The shift is subtle but meaningful. The share of final consumption goods in Nepal's export basket has increased from 66.5 percent to 69.4 percent, while the share of intermediate goods has declined from 32.5 percent to 29.8 percent, and capital goods have remained negligible at below one percent. An export basket dominated by final consumption goods — items like processed foods, beverages, and basic manufactured goods — is not inherently problematic. But it does indicate that Nepal's exports remain anchored in relatively low-complexity, low-value-added products. The decline in the intermediate goods share suggests that Nepal is exporting fewer of the semi-processed inputs that tend to be integrated into global supply chains — a missed opportunity for deeper industrial integration.

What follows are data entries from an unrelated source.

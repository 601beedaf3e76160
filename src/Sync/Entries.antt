-- ===== src/Sync/Entries.antt =====
-- `reconstruct_shards_from_pull_response` (src/indexer/sync.rs): the receivers of a response by shard.
use manta_indexer.Prelude.{
  ℕ, ◌≡◌, ◌≢◌, ◌⊎◌, refl, sym, ap, ◌∙◌, arith, Bool, true, false, none, some, List, [], ◌∷◌, ◌++◌,
  append-nil, append_assoc, filter, All, Bool-cases, Option-cases, inl, inr, ◌==◌, if◌then◌else◌,
}
use manta_indexer.External.{External}
use manta_indexer.Types.{Receiver, PullResponse}
use manta_indexer.Store.{World, ok, err, indexer, bad_utxo}
use manta_indexer.Sync.{Shards, push_entry, reconstruct, reconstruct_shards_from_pull_response}
use manta_indexer.Sync.Checkpoints.{DistinctKeys}

-- What a map holds under a key, nothing where it has no entry.
abbrev pub entry : {A : Type 0} → ℕ → List (ℕ × List A) → List A
entry s [] = []
entry s ((k, xs) ∷ entries) = if k == s then xs else entry s entries

module _ {A : Type 0} where
  pub entry-push_entry :
      (s k : ℕ) (x : A) (m : List (ℕ × List A))
      → entry s (push_entry k x m) ≡ (if k == s then entry s m ++ x ∷ [] else entry s m)
  unfolding push_entry
  entry-push_entry s k x [] = ground arith
  entry-push_entry s k x ((j, xs) ∷ m) = ground (arith, entry-push_entry s k x m)

  pub place :
      (b : Bool) (x : A) (xs ys : List A)
      → (if b then xs ++ x ∷ [] else xs) ++ ys ≡ xs ++ (if b then x ∷ ys else ys)
  place true x xs ys = append_assoc xs (x ∷ []) ys
  place false x xs ys = refl

  push_entry-All :
      (j k : ℕ) (x : A) (m : List (ℕ × List A))
      → k ≢ j
      → All (λ q. q.0 ≢ j) m
      → All (λ q. q.0 ≢ j) (push_entry k x m)
  unfolding push_entry
  push_entry-All j k x [] ne h = (ne, tt)
  push_entry-All j k x ((i, xs) ∷ m) ne h = elim (Bool-cases (i == k)) [
    | inl same ↦ rw same (h.0, h.1)
    | inr other ↦ rw other (h.0, push_entry-All j k x m ne h.1)
  ]

  pub push_entry-DistinctKeys :
      (k : ℕ) (x : A) (m : List (ℕ × List A)) → DistinctKeys m → DistinctKeys (push_entry k x m)
  unfolding push_entry
  push_entry-DistinctKeys k x [] h = (tt, tt)
  push_entry-DistinctKeys k x ((i, xs) ∷ m) h = elim (Bool-cases (i == k)) [
    | inl same ↦ rw same (h.0, h.1)
    | inr other ↦ rw other (
      push_entry-All i k x m (λ q. ground (arith, q, other)) h.0,
      push_entry-DistinctKeys k x m h.1,
    )
  ]

module _ (e : External) where
  -- Whether a receiver belongs to a shard.
  abbrev pub belongs : ℕ → Receiver e → Bool
  belongs s r = elim (e.tree_index r.0) [ none ↦ false | some k ↦ k == s ]

  -- Whether a receiver belongs to no shard.
  abbrev pub stray : Receiver e → Bool
  stray r = elim (e.tree_index r.0) [ none ↦ true | some _ ↦ false ]

  -- The map of a loop over receivers that began with `m`, or its failure.
  abbrev pub Grouped : List (Receiver e) → Shards e → World e → Type 0
  Grouped rs m w =
      ((shards : Shards e) × (reconstruct e rs m w ≡ (ok shards, w))
        × ((s : ℕ) → entry s shards ≡ entry s m ++ filter (belongs s) rs)
        × DistinctKeys shards)
      ⊎ (reconstruct e rs m w ≡ (err (indexer bad_utxo), w)) × (filter stray rs ≢ [])

  reconstruct-Grouped :
      (rs : List (Receiver e)) (m : Shards e) (w : World e) → DistinctKeys m → Grouped rs m w
  unfolding reconstruct
  reconstruct-Grouped [] m w distinct = inl (m, refl, (λ s. sym (append-nil (entry s m))), distinct)
  reconstruct-Grouped (r ∷ rs) m w distinct = elim (Option-cases (e.tree_index r.0)) [
    | inl bad ↦ inr (rw bad refl, rw (stray, bad) (λ q. absurd (cc q)))
    | inr (k, good) ↦
        elim (reconstruct-Grouped rs (push_entry k r m) w
          (push_entry-DistinctKeys k r m distinct)) [
            | inl (shards, runs, entries, keys) ↦ inl (
              shards,
              rw good runs,
              (λ s.
                  entries s
                  ∙ ap (λ p. p ++ filter (belongs s) rs) (entry-push_entry s k r m)
                  ∙ place (k == s) r (entry s m) (filter (belongs s) rs)
                  ∙ ap
                      (λ b.
                        entry s m
                        ++ (if b then r ∷ filter (belongs s) rs else filter (belongs s) rs))
                      (sym (ap (λ o. elim o [ none ↦ false | some i ↦ i == s ]) good))),
              keys,
            )
            | inr (runs, bad) ↦ inr (rw good runs, rw (stray, good) bad)
          ]
  ]

  -- For any response, in any world, which stays as it is: either the call succeeds, and the map has
  -- for every shard its receivers in the order of the response, and no key twice; or it fails with
  -- BadUtxo, and some receiver belongs to no shard.
  pub reconstruct_shards-entries :
      (r : PullResponse e) (w : World e)
      → ((shards : Shards e) × (reconstruct_shards_from_pull_response e r w ≡ (ok shards, w))
          × ((s : ℕ) → entry s shards ≡ filter (belongs s) r.receivers)
          × DistinctKeys shards)
        ⊎ (reconstruct_shards_from_pull_response e r w ≡ (err (indexer bad_utxo), w))
          × (filter stray r.receivers ≢ [])
  unfolding reconstruct_shards_from_pull_response
  reconstruct_shards-entries r w = reconstruct-Grouped r.receivers [] w tt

Nepal's Import Structure: A Country Running on Intermediate Inputs
The import composition tells an even more revealing story. During the review period, intermediate goods accounted for 52.4 percent of total imports — the single largest category. Final consumption goods made up 28.3 percent, and capital goods 9.3 percent. A year earlier, these proportions were 51.8 percent, 39.3 percent, and 8.9 percent respectively.
The most dramatic shift here is the sharp fall in the share of final consumption goods imports — from 39.3 percent to 28.3 percent, a drop of eleven percentage points. This is a significant structural change within a single year. It could reflect several things: reduced consumer purchasing power leading to lower discretionary imports, deliberate import substitution in certain consumer categories, or a shift in household consumption patterns. Whatever the cause, the fact that consumption goods imports fell as a share of total imports while intermediate goods imports held steady at over half of all imports reveals something important about Nepal's economic character — the country imports a massive volume of raw materials and components, but does not have a sufficiently developed domestic manufacturing base to convert those inputs into exportable finished products. Nepal buys the ingredients but does not sell the meal.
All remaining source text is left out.